The consonant sound in vision

This is the sixteenth of the twenty -four consonant sounds in our British English phonetic chart.

This consonant sound is found in words like vision /ˈvɪʒən/, incision /ɪnˈsɪʒən/, decision /dɪˈsɪʒən/.

This consonant sound is voiced. It is known as a fricative. Fricatives disrupt the flow of air around parts of the mouth. In this case the air is disrupted by bunching up the tongue. Its unvoiced counterpart is /ʃ/.

The consonant sound in monkey

This is the seventeenth of the twenty-four consonant sounds in our British English phonetic chart.

This consonant sound is found in words like monkey /ˈmʌŋki:/, me /mi:/, same /seɪm/.

This consonant sound is voiced.

The consonant sound in nose

This is the eighteenth of the twenty-four consonant sounds in our British English phonetic chart.

This consonant sound is found in words like nose /nəʊz/, bone /bəʊn/, pen /pen/.

This consonant sound is voiced.

The consonant sound in singer

This is the nineteenth of the twenty-four consonant sounds in our British English phonetic chart.

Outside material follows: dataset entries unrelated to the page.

-- ===== src/Graph/Run/Progress.antt =====
-- graph/graph.go, `Run`: a run whose nodes succeed returns a result.
use Prim.Native.String.{◌++◌ as text_append}
use covonaut.Base.{
  length-of_counts, Has, eq_iff, ℕ, suc, ◌+◌, ◌≤◌, String, List, [], ◌∷◌, ◌++◌, Bool, true, false,
  ◌||◌, Option, none, some, ◌==◌, ltb, if◌then◌else◌, contains, length, length-append, concat, Map,
  lookup, insert, get_or, member, ◌≡◌, refl, ap, ◌∙◌, arith, Bool-cases, Option-cases, inl, inr,
}
use covonaut.Agentcore.Errors.{Result, ok, err, wrap_node_error}
use covonaut.Agentcore.Step.{run_step}
use covonaut.Graph.{Graph, ConditionalEdge, successors}
use covonaut.Graph.WellFormed.{names}
use covonaut.Graph.Built.{Built}
use covonaut.Graph.Topo.{MapOrder, CompileOptions, CompiledGraph, compile}
use covonaut.Graph.Topo.Acyclic.{compile_layers}
use covonaut.Graph.Run.{
  get_node, node_input, mark_all, activate_successors, reached, outcome, launch, check_errors,
  value, commit, run_layer, run_layers, run_outputs, run, find_terminal_output, all_nodes,
}

abbrev IsOk {ℓ} : {A : Type ℓ} → Result A → Type ℓ
IsOk {A} r = (a : A) × (r ≡ ok a)

-- The nodes of the list are there and fail on no input.
abbrev Succeed : CompiledGraph → List String → Type 0
Succeed cg [] = Unit
Succeed cg (n ∷ ns) =
    ((input : String) → (out : String) × (run_step (get_node cg n) input ≡ ok out)) × Succeed cg ns

-- No node of the graph fails on any input, and every router names one of its targets.
pub record CanRun (cg : CompiledGraph) : Type 0 where
  pub succeed :
      (name : String)
      → Has name (names cg.graph)
      → (input : String) → (out : String) × (run_step (get_node cg name) input ≡ ok out)
  pub route :
      (name : String) (c : ConditionalEdge) (output : String)
      → lookup name cg.graph.conditional_edges ≡ some c
      → contains c.targets (c.route output) ≡ true

each_Succeed :
    (cg : CompiledGraph) (ns : List String)
    → ((n : String)
        → Has n ns
        → (input : String) → (out : String) × (run_step (get_node cg n) input ≡ ok out))
    → Succeed cg ns
each_Succeed cg [] each = tt
each_Succeed cg (n ∷ ns) each = (
  each n (ground (arith, eq_iff n n)),
  each_Succeed cg ns (λ k h. each k (ground (arith, h, eq_iff n k))),
)

abbrev AllOk : Map (Result String) → Type 0
AllOk [] = Unit
AllOk ((n, r) ∷ rs) = IsOk r × AllOk rs

module _ (o : MapOrder) (cg : CompiledGraph) (input : String) (can : CanRun cg) where
  launch-IsOk :
      (outputs : Map String) (ns : List String) (steps : ℕ)
      → Succeed cg ns
      → steps + length ns ≤ cg.max_steps
      → (rs : Map (Result String)) × AllOk rs
        × (launch cg input outputs ns steps ≡ ok (rs, steps + length ns))
  unfolding launch
  launch-IsOk outputs [] steps can_each room = ([], tt, ap (λ k. ok ([], k)) (omega arith))
  launch-IsOk outputs (n ∷ ns) steps can_each room =
      let (rs, good, launched) = launch-IsOk outputs ns (suc steps) can_each.1 (omega arith) in
      let within : ltb cg.max_steps (suc steps) ≡ false = ground arith in
      (
        (n, outcome cg input outputs n) ∷ rs,
        (can_each.0 (node_input cg input outputs n), good),
        rw (within, launched)
            (ap (λ k. ok ((n, outcome cg input outputs n) ∷ rs, k)) (omega arith)),
      )

  get_or-IsOk : (n : String) (rs : Map (Result String)) → AllOk rs → IsOk (get_or n (ok "") rs)
  unfolding lookup
  get_or-IsOk n [] good = ("", refl)
  get_or-IsOk n ((k, r) ∷ rs) good =
      first_or_rest (k == n) (lookup n rs) good.0 (get_or-IsOk n rs good.1)
    where
      first_or_rest :
          (b : Bool) (found : Option (Result String))
          → IsOk r
          → IsOk {A = String} (elim found [ none ↦ ok "" | some v ↦ v ])
          → IsOk {A = String} (elim (if b then some r else found) [ none ↦ ok "" | some v ↦ v ])
      first_or_rest true found first rest = first
      first_or_rest false found first rest = rest

  check_errors-IsOk :
      (ns : List String) (rs : Map (Result String)) → AllOk rs → check_errors ns rs ≡ ok tt
  unfolding check_errors
  check_errors-IsOk [] rs good = refl
  check_errors-IsOk (n ∷ ns) rs good =
      let (out, is_ok) = get_or-IsOk n rs good in
      ap
        (λ r. elim r [
          | ok out ↦ check_errors ns rs
          | err e ↦ err (wrap_node_error e (text_append "graph:" n))
        ])
        is_ok
      ∙ check_errors-IsOk ns rs good

  activate-IsOk :
      (name output : String) (outputs : Map String)
      → IsOk (activate_successors cg.graph name output outputs)
  unfolding activate_successors
  activate-IsOk name output outputs = elim (Option-cases (lookup name cg.graph.conditional_edges)) [
    | inl plain ↦ rw plain (mark_all (successors cg.graph.edges name) outputs, refl)
    | inr (c, found) ↦
        rw (found, can.route name c output found) (insert (c.route output) "" outputs, refl)
  ]

  commit-IsOk :
      (ns : List String) (rs : Map (Result String)) (outputs : Map String)
      → IsOk (commit cg.graph ns rs outputs)
  unfolding commit
  commit-IsOk [] rs outputs = (outputs, refl)
  commit-IsOk (n ∷ ns) rs outputs =
      let out = value (get_or n (ok "") rs) in
      let (next, activated) = activate-IsOk n out (insert n out outputs) in
      rw activated (commit-IsOk ns rs next)

  reached-Succeed :
      (outputs : Map String) (ns : List String)
      → Succeed cg ns
      → Succeed cg (reached cg.entry outputs ns)
  unfolding reached
  reached-Succeed outputs [] can_each = tt
  reached-Succeed outputs (n ∷ ns) can_each =
      elim (Bool-cases (member n outputs || n == cg.entry)) [
        | inl this ↦ rw this (can_each.0, reached-Succeed outputs ns can_each.1)
        | inr other ↦ rw other (reached-Succeed outputs ns can_each.1)
      ]

  append-Succeed : (xs ys : List String) → Succeed cg (xs ++ ys) → Succeed cg xs × Succeed cg ys
  append-Succeed [] ys can_each = (tt, can_each)
  append-Succeed (x ∷ xs) ys can_each =
      let (first, rest) = append-Succeed xs ys can_each.1 in ((can_each.0, first), rest)

  length-reached :
      (outputs : Map String) (ns : List String) → length (reached cg.entry outputs ns) ≤ length ns
  unfolding reached
  length-reached outputs [] = omega arith
  length-reached outputs (n ∷ ns) = ground (arith, length-reached outputs ns)

  abbrev Advances : ℕ → Result (Map String × ℕ) → Type 0
  Advances bound r = (next : Map String × ℕ) × (r ≡ ok next) × (next.1 ≤ bound)

  run_layer-Advances :
      (layer : List String) (outputs : Map String) (steps : ℕ)
      → Succeed cg layer
      → steps + length layer ≤ cg.max_steps
      → Advances (steps + length layer) (run_layer o cg input layer (outputs, steps))
  unfolding run_layer
  run_layer-Advances layer outputs steps can_each room =
      let ns = reached cg.entry outputs layer in
      let (rs, good, launched) =
        launch-IsOk outputs ns steps (reached-Succeed outputs layer can_each)
          (omega (arith, length-reached outputs layer)) in
      let (next, committed) = commit-IsOk (o.apply ns) rs outputs in
      (
        (next, steps + length ns),
        rw (launched, check_errors-IsOk (o.apply ns) rs good, committed) refl,
        omega (arith, length-reached outputs layer),
      )

  run_layers-IsOk :
      (layers : List (List String)) (s : Map String × ℕ)
      → Succeed cg (concat layers)
      → s.1 + length (concat layers) ≤ cg.max_steps
      → IsOk (run_layers o cg input layers s)
  unfolding run_layers
  run_layers-IsOk [] s can_each room = (s, refl)
  run_layers-IsOk (l ∷ ls) (outputs, steps) can_each room =
      let (first, rest) = append-Succeed l (concat ls) can_each in
      let (next, ran, bound) =
        run_layer-Advances l outputs steps first (omega (arith, length-append l (concat ls))) in
      rw ran (run_layers-IsOk ls next rest (omega (arith, length-append l (concat ls))))

-- Let the methods build a graph and `Compile` succeed on it, let no node fail on any input, let every
-- router name one of its targets, and let the step limit be at least the number of nodes. Then the
-- run returns a result, under any order of ranging over the results.
pub run-IsOk :
    (o p : MapOrder) (opts : CompileOptions) (g : Graph) (cg : CompiledGraph) (input : String)
    → Built g
    → compile o opts g ≡ ok cg
    → CanRun cg
    → length (names g) ≤ cg.max_steps
    → (out : String) × (run p cg input ≡ ok out)
unfolding run run_outputs
run-IsOk o p opts g cg input built is_compiled can room =
    let (same, _, sum, _) = compile_layers o opts g cg built is_compiled in
    let each =
      each_Succeed cg (concat cg.sorted_layers)
        (λ n h. can.succeed n (rw same (omega (arith, sum n)))) in
    let ((outputs, steps), ran) =
      run_layers-IsOk p cg input can cg.sorted_layers (insert cg.entry "" [], 0) each
        (omega (arith, length-of_counts (concat cg.sorted_layers) (names g) sum)) in
    (
      find_terminal_output (all_nodes cg.graph.nodes cg.stream_nodes) cg.graph.edges outputs,
      rw ran refl,
    )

This consonant sound is found in words like singing / ˈsɪŋɪŋ/, finger /fɪŋgə/, think /θɪŋk/.

This consonant sound is voiced.

The consonant sound in house

This is the twentieth of the twenty -four consonant sounds in our British English phonetic chart.

This consonant sound is found in words like house /hɑʊs/, horse /hɔ:s/, hot /hɒt/.

This consonant sound is unvoiced.

The consonant sound in leg

This is the twenty-first of the twenty-four consonant sounds in our British English phonetic chart.

This consonant sound is found in words like leg /leg/, pull /pʌl/, elephant /ˈelɪfənt/.

This consonant sound is voiced.

The consonant sound in right

This is the twenty-second of the twenty-four consonant sounds in our British English phonetic chart.

This consonant sound is found in words like right /rɑɪt/, wrong /rɒŋ /, river /rɪvə/.

This consonant sound is voiced.

The consonant sound in woman

This is the twenty-third of the twenty-four consonant sounds in our British English phonetic chart.

This consonant sound is found in words like will /wɪl/, witch /wɪʧ/, win /wɪn/.

This consonant sound is voiced.

The consonant sound in yacht

This is the twenty-fourth of the twenty-four consonant sounds in our British English phonetic chart.

This consonant sound is found in words like yacht /jɒt/, yes /jes/, yellow /jeləʊ/.

This consonant sound is voiced.

Pronouncing the sounds

It is not necessary to do more than be able to accurately pronounce the sound associated with each phonetic symbol. Simply listen to the sound in the lessons and repeat.